**Data shown**
BEGIN

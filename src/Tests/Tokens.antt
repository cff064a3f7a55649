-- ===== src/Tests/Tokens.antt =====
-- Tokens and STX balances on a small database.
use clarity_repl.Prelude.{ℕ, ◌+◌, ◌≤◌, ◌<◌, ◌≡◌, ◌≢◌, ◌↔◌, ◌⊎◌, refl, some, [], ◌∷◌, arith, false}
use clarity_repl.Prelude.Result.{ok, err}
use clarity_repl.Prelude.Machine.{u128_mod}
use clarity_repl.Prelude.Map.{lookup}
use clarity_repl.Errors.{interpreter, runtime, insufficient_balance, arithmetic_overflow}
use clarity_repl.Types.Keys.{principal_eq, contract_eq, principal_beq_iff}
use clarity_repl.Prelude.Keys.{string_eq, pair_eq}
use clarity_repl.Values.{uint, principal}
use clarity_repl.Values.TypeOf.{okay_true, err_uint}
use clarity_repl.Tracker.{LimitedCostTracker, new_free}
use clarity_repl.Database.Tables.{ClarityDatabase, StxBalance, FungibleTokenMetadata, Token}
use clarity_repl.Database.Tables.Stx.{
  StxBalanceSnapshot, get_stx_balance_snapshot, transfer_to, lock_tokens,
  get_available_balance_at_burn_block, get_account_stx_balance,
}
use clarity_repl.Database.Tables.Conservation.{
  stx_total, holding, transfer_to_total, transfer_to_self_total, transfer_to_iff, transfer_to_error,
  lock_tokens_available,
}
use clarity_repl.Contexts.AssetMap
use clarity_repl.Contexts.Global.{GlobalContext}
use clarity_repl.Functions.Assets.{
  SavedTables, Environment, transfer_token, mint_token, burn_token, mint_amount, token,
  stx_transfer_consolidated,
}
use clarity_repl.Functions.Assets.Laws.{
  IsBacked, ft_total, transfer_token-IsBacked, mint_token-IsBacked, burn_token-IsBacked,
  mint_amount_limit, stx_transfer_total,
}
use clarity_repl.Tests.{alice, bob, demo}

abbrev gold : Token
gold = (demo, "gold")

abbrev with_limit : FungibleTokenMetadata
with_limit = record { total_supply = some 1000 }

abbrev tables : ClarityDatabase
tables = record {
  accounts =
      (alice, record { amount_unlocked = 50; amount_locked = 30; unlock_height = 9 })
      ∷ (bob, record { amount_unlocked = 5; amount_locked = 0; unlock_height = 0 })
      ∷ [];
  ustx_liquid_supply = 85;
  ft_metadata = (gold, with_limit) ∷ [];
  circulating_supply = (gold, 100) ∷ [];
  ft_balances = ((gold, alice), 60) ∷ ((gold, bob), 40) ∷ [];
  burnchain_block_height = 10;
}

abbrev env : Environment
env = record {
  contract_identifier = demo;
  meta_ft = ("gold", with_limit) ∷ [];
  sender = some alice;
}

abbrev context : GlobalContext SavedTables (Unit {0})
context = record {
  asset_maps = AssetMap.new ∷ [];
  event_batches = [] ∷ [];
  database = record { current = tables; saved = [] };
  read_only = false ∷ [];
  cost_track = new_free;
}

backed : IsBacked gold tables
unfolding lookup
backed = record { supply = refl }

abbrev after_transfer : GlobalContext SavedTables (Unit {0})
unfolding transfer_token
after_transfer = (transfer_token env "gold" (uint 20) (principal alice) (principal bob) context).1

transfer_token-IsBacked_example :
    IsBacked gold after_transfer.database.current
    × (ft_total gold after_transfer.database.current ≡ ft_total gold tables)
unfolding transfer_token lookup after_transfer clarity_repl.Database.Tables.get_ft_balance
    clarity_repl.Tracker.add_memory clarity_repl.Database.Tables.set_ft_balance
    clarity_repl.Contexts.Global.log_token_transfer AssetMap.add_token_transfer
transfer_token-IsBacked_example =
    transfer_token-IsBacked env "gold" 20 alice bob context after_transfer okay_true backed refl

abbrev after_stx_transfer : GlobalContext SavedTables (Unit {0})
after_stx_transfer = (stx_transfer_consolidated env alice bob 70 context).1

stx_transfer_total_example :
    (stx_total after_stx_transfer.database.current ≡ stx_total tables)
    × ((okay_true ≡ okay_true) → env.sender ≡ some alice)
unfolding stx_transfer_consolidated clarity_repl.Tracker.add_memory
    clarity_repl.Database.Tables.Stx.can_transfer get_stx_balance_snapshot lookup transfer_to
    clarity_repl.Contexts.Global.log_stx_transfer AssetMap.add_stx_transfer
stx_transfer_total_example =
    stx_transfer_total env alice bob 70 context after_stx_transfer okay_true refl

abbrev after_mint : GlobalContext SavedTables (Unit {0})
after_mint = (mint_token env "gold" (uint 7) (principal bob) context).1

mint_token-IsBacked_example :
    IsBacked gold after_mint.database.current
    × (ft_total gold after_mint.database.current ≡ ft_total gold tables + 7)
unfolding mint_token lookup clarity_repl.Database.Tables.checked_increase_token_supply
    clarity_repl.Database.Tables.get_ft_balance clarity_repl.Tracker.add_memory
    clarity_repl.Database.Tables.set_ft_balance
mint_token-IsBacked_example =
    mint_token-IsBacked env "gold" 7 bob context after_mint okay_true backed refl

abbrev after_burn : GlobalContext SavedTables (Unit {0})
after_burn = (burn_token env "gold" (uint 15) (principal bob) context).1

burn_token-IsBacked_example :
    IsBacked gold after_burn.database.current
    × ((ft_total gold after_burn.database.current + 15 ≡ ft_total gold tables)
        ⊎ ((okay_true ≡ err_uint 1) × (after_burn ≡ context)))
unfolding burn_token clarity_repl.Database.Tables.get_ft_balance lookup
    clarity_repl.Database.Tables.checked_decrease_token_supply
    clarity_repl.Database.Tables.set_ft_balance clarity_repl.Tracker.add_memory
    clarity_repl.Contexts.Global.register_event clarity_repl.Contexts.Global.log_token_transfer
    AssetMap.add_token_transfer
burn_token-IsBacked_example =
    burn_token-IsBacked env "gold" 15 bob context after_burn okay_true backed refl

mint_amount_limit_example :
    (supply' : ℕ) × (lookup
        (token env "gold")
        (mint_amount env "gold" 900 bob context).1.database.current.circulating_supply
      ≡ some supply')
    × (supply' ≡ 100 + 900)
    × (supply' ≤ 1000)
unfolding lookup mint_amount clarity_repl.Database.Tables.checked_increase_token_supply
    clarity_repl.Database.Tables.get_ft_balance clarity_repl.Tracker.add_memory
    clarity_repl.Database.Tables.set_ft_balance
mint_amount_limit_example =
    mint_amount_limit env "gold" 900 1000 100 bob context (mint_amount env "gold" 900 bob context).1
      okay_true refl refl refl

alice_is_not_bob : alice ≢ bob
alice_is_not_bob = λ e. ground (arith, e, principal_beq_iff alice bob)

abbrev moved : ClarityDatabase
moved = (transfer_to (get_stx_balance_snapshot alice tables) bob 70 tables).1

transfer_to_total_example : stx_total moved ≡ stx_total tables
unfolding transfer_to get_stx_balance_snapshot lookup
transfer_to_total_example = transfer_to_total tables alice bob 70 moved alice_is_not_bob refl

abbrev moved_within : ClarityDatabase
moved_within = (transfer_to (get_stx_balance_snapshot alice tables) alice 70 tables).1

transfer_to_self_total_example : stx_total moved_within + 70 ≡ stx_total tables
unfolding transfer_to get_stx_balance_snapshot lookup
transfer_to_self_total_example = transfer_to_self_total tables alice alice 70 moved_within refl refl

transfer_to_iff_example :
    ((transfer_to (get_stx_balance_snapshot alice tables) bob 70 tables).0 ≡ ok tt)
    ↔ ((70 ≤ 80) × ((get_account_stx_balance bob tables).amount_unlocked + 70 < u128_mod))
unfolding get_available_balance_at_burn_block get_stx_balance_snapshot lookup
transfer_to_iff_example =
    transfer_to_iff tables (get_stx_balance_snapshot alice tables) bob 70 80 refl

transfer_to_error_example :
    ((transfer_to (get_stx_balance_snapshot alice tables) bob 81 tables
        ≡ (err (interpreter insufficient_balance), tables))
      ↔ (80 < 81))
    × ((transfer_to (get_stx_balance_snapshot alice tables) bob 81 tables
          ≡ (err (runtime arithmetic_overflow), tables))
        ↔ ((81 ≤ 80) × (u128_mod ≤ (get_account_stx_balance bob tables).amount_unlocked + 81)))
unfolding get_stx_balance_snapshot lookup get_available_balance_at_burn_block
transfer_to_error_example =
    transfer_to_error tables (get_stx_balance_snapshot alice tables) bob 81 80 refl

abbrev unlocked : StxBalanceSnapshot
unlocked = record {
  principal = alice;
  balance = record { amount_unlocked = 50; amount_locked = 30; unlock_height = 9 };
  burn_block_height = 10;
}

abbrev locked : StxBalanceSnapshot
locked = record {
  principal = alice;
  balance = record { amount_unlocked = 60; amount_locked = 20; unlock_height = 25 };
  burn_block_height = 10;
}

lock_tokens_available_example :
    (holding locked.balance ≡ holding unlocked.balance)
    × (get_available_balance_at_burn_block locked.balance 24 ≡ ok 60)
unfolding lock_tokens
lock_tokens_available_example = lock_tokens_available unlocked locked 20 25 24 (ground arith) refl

END

The range runs from the line with "tables).amount_unlocked + 81)))" to the last line of the entries above, both included. Restate it word for word.

**Solution**
        ↔ ((81 ≤ 80) × (u128_mod ≤ (get_account_stx_balance bob tables).amount_unlocked + 81)))
unfolding get_stx_balance_snapshot lookup get_available_balance_at_burn_block
transfer_to_error_example =
    transfer_to_error tables (get_stx_balance_snapshot alice tables) bob 81 80 refl

abbrev unlocked : StxBalanceSnapshot
unlocked = record {
  principal = alice;
  balance = record { amount_unlocked = 50; amount_locked = 30; unlock_height = 9 };
  burn_block_height = 10;
}

abbrev locked : StxBalanceSnapshot
locked = record {
  principal = alice;
  balance = record { amount_unlocked = 60; amount_locked = 20; unlock_height = 25 };
  burn_block_height = 10;
}

lock_tokens_available_example :
    (holding locked.balance ≡ holding unlocked.balance)
    × (get_available_balance_at_burn_block locked.balance 24 ≡ ok 60)
unfolding lock_tokens
lock_tokens_available_example = lock_tokens_available unlocked locked 20 25 24 (ground arith) refl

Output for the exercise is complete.